[What the task asks] Transcribe only part of the material below: the lines from the one containing "conclude-IsTimed retcode user w" through the one containing "rauthreq_at-IsTimed ServerState.open' id", inclusive, exactly as written.

________________

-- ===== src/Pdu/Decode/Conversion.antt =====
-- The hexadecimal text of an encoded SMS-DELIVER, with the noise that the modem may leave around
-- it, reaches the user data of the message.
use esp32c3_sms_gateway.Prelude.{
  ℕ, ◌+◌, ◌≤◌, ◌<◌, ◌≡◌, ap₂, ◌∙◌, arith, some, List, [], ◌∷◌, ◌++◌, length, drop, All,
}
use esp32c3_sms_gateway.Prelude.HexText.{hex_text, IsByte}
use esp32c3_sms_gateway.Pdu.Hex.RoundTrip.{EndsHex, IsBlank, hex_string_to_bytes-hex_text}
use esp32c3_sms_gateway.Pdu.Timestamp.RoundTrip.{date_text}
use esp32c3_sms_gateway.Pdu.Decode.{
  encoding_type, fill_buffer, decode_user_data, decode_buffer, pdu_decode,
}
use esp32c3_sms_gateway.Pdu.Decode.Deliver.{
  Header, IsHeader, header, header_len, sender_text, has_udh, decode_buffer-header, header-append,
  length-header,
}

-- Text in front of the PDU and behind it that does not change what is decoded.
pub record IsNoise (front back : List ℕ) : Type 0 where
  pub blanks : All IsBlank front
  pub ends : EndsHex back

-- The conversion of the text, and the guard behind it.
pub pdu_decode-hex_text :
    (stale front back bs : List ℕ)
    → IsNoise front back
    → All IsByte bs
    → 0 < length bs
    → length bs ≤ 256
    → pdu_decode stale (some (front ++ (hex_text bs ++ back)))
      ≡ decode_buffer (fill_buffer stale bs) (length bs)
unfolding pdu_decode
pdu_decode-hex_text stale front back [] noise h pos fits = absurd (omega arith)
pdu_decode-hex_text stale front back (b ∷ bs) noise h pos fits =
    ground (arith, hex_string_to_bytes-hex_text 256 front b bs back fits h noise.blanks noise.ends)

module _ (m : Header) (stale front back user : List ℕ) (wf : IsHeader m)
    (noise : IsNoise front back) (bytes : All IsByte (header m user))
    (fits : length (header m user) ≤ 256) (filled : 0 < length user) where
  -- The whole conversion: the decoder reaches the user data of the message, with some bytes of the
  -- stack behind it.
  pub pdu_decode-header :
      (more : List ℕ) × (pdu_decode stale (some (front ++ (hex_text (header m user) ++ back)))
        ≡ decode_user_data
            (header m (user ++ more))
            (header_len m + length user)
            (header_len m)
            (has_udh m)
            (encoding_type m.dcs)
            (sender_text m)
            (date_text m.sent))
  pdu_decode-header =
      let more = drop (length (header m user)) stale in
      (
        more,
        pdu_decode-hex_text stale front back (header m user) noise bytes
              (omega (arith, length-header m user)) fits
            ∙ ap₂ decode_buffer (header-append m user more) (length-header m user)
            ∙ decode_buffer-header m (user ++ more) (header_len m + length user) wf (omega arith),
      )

________________

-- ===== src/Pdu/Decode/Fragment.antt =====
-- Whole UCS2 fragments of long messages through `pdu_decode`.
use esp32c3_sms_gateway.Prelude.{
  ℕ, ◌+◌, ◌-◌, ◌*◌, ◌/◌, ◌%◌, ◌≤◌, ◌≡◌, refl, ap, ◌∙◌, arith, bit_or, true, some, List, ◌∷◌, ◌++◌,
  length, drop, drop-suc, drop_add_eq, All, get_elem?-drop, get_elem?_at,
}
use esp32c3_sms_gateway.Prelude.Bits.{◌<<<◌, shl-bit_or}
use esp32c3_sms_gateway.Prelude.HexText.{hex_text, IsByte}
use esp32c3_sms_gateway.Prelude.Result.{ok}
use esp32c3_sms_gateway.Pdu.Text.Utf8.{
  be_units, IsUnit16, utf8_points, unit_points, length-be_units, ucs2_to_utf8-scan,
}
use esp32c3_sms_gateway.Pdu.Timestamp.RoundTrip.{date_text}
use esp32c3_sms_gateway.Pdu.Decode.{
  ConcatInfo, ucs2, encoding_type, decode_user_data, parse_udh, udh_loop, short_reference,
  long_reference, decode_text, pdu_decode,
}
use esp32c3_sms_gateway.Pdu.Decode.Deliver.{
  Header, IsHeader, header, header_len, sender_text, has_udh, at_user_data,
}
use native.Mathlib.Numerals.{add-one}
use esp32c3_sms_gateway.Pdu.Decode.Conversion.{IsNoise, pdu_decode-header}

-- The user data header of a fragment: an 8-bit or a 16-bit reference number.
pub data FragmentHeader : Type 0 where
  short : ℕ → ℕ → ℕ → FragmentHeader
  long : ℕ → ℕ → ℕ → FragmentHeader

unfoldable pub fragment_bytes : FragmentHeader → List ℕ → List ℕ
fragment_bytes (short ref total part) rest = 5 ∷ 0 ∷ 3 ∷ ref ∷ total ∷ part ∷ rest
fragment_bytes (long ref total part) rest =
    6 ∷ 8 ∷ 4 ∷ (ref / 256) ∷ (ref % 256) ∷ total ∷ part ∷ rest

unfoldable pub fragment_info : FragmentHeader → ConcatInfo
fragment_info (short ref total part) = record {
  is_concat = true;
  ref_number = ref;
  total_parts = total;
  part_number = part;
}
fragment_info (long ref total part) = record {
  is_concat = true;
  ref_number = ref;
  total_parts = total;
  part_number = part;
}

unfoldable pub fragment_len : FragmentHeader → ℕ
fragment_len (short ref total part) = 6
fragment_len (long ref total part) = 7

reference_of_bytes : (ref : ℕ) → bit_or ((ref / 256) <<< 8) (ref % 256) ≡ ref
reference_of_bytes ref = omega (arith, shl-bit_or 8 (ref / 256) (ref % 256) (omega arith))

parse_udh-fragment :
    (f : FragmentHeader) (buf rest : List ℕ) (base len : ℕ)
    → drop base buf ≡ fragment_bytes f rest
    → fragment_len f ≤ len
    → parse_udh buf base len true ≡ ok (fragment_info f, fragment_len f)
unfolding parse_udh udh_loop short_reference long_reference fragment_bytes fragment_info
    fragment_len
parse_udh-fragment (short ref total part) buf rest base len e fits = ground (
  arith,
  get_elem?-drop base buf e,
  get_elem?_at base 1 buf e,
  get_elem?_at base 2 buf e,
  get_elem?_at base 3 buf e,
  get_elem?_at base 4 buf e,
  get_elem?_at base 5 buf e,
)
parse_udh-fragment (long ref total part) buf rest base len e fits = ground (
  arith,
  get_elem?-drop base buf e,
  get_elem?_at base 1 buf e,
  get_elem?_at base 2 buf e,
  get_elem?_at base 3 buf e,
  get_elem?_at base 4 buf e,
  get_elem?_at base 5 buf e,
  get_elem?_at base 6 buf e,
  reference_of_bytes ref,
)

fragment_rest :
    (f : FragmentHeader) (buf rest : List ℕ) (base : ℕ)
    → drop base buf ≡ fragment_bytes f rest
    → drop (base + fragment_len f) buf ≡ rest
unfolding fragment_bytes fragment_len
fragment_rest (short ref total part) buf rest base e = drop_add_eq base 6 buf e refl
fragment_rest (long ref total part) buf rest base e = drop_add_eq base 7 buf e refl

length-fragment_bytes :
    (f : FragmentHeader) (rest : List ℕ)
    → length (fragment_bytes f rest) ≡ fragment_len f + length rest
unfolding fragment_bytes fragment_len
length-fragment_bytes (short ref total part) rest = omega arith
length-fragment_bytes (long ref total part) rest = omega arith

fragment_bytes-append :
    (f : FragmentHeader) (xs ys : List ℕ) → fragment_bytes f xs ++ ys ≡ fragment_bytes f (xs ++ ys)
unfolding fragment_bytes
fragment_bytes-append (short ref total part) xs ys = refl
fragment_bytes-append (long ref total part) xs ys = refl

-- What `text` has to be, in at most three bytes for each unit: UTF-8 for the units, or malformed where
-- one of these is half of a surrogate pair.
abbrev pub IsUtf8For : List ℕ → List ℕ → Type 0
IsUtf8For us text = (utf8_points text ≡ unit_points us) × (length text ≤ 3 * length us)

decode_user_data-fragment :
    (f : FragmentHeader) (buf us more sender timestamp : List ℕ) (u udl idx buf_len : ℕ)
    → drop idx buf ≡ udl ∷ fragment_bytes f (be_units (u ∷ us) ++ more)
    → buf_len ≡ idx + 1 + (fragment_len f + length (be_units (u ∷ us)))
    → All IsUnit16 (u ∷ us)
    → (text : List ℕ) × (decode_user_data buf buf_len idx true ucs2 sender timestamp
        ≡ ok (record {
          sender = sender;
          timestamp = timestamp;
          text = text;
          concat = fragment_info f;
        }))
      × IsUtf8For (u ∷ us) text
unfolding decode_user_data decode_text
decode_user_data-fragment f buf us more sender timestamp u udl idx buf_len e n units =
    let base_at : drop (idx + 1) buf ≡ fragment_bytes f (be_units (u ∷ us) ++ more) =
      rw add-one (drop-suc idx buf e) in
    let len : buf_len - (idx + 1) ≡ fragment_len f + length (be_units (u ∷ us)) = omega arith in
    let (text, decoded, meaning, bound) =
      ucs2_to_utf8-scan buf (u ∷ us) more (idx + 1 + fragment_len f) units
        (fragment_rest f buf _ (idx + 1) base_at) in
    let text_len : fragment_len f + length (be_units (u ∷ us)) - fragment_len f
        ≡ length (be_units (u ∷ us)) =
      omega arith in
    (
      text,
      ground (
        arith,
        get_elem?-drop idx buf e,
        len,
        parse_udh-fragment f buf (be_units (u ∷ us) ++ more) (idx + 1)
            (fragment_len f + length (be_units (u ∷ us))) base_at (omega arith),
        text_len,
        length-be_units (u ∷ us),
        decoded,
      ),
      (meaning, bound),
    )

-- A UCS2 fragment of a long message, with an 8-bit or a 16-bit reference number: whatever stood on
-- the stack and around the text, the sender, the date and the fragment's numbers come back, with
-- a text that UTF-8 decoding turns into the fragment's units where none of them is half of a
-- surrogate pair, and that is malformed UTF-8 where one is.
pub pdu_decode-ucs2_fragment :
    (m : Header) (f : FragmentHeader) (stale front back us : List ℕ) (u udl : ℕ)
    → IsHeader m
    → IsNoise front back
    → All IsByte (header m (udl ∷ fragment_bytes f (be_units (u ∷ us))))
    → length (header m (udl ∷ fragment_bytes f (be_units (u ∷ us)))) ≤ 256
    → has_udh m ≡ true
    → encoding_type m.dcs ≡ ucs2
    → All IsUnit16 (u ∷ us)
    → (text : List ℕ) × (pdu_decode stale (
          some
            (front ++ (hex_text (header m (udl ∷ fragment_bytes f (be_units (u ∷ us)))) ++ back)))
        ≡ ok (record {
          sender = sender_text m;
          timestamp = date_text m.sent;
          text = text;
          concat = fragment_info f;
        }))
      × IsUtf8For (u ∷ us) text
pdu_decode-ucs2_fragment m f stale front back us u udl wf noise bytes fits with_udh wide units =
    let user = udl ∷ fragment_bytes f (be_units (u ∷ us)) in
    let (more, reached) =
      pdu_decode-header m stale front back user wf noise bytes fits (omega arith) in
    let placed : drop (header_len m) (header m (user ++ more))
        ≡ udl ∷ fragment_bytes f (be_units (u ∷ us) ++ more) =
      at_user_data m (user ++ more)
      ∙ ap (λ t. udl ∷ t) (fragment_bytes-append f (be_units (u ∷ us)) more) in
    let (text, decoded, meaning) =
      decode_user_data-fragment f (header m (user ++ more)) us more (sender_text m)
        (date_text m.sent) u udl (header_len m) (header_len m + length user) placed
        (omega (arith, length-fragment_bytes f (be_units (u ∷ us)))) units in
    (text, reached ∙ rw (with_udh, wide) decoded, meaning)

________________

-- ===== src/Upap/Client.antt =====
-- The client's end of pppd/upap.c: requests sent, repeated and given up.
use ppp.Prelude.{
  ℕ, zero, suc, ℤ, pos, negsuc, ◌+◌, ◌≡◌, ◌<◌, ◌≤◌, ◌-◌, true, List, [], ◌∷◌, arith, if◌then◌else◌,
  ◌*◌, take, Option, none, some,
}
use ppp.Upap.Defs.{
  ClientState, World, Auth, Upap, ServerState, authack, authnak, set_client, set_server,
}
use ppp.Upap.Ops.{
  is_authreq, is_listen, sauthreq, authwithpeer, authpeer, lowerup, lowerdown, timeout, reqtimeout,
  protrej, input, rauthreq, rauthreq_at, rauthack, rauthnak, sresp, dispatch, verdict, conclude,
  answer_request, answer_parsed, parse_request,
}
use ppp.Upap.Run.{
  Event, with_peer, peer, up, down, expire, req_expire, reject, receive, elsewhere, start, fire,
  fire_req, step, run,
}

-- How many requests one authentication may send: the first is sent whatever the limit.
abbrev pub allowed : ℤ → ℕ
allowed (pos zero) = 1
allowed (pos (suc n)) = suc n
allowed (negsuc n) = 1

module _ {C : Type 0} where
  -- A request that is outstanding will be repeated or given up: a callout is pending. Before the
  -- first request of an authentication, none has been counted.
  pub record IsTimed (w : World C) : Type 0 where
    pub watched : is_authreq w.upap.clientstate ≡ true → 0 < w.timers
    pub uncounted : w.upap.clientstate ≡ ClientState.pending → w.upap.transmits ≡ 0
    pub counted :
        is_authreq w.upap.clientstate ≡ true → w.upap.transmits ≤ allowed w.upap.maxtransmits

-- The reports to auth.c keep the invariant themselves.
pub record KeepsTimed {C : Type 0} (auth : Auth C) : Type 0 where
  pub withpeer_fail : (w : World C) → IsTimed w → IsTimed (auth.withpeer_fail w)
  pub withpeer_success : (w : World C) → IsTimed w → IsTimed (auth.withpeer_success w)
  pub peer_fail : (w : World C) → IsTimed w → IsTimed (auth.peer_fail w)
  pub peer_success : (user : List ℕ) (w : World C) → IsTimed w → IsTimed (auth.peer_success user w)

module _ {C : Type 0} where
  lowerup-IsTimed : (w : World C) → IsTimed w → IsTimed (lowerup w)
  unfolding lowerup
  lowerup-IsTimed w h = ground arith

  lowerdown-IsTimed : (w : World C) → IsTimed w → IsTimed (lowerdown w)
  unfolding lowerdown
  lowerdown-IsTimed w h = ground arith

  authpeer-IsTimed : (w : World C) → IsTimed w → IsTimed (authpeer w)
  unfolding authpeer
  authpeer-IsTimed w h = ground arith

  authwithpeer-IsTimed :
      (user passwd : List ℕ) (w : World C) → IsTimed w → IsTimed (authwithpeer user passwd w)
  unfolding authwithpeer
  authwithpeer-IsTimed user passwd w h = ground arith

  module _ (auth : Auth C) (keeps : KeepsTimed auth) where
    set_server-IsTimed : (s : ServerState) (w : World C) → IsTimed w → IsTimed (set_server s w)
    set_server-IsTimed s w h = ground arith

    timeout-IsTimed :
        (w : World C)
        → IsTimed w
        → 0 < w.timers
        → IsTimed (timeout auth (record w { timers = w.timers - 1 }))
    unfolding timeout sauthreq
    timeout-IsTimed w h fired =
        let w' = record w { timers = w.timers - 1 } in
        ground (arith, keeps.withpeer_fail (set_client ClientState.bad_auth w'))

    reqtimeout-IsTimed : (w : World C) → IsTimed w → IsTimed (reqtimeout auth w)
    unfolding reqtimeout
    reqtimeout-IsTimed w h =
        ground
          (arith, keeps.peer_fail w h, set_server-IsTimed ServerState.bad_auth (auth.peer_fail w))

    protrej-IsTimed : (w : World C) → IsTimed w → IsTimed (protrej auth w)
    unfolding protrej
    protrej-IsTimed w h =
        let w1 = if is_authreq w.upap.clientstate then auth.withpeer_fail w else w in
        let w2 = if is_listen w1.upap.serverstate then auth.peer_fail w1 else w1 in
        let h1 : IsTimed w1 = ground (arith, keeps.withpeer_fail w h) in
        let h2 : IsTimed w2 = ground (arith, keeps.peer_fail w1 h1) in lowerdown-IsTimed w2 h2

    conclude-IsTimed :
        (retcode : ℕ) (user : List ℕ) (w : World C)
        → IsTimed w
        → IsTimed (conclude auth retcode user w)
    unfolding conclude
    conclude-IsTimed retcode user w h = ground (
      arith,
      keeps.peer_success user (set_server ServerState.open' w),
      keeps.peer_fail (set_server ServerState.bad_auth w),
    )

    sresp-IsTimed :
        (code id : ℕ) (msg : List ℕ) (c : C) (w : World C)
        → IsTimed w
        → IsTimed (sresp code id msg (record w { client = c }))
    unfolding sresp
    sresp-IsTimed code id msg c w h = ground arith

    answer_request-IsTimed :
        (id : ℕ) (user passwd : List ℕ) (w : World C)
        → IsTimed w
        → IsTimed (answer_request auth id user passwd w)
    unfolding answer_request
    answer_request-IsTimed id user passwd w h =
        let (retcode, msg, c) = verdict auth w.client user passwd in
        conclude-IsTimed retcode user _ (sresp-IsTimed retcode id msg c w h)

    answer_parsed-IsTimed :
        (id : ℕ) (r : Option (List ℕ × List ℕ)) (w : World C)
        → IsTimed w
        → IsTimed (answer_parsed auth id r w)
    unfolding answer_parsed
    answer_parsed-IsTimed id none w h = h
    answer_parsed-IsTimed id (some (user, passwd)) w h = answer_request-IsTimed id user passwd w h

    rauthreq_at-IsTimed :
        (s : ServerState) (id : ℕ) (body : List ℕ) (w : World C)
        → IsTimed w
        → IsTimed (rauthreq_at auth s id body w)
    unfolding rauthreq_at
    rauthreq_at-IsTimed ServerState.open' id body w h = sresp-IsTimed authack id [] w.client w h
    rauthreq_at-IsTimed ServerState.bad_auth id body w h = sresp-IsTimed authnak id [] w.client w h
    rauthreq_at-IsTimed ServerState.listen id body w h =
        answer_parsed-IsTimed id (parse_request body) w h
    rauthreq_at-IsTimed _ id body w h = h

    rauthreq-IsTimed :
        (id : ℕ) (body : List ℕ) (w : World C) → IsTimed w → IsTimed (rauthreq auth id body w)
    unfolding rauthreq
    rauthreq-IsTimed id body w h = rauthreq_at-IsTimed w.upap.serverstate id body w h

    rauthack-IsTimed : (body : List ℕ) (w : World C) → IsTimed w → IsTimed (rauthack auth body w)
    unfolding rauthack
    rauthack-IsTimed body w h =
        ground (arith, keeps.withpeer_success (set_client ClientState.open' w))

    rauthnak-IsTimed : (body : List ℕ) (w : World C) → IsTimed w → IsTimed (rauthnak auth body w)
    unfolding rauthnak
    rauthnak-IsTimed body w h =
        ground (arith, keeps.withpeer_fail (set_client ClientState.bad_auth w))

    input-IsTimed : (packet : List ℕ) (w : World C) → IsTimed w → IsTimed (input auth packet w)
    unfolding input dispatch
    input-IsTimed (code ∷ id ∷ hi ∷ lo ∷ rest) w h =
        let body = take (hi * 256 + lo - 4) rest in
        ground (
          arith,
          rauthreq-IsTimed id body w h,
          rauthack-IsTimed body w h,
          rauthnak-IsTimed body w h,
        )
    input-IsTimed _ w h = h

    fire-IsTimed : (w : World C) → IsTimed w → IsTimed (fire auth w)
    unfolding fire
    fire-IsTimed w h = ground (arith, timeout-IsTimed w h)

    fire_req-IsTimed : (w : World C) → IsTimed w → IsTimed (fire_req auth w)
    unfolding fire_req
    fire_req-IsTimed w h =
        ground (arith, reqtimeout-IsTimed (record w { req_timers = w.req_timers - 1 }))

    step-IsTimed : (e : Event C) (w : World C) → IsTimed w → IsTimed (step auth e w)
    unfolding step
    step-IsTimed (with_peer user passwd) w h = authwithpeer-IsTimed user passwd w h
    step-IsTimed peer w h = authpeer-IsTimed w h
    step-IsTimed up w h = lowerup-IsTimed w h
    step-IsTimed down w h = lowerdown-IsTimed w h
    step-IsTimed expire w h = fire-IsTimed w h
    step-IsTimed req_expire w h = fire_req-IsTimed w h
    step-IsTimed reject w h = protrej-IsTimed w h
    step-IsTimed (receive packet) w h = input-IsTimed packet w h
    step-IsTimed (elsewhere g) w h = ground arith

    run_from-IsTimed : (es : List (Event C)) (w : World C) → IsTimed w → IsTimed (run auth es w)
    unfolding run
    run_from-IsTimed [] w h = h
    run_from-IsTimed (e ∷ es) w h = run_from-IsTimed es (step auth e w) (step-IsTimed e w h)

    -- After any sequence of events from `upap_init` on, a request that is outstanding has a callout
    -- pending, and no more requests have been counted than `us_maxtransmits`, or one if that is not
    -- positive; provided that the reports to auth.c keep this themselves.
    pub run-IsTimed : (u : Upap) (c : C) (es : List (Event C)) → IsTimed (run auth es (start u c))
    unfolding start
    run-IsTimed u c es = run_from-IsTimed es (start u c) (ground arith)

________________

[Response area]
    conclude-IsTimed retcode user w h = ground (
      arith,
      keeps.peer_success user (set_server ServerState.open' w),
      keeps.peer_fail (set_server ServerState.bad_auth w),
    )

    sresp-IsTimed :
        (code id : ℕ) (msg : List ℕ) (c : C) (w : World C)
        → IsTimed w
        → IsTimed (sresp code id msg (record w { client = c }))
    unfolding sresp
    sresp-IsTimed code id msg c w h = ground arith

    answer_request-IsTimed :
        (id : ℕ) (user passwd : List ℕ) (w : World C)
        → IsTimed w
        → IsTimed (answer_request auth id user passwd w)
    unfolding answer_request
    answer_request-IsTimed id user passwd w h =
        let (retcode, msg, c) = verdict auth w.client user passwd in
        conclude-IsTimed retcode user _ (sresp-IsTimed retcode id msg c w h)

    answer_parsed-IsTimed :
        (id : ℕ) (r : Option (List ℕ × List ℕ)) (w : World C)
        → IsTimed w
        → IsTimed (answer_parsed auth id r w)
    unfolding answer_parsed
    answer_parsed-IsTimed id none w h = h
    answer_parsed-IsTimed id (some (user, passwd)) w h = answer_request-IsTimed id user passwd w h

    rauthreq_at-IsTimed :
        (s : ServerState) (id : ℕ) (body : List ℕ) (w : World C)
        → IsTimed w
        → IsTimed (rauthreq_at auth s id body w)
    unfolding rauthreq_at
    rauthreq_at-IsTimed ServerState.open' id body w h = sresp-IsTimed authack id [] w.client w h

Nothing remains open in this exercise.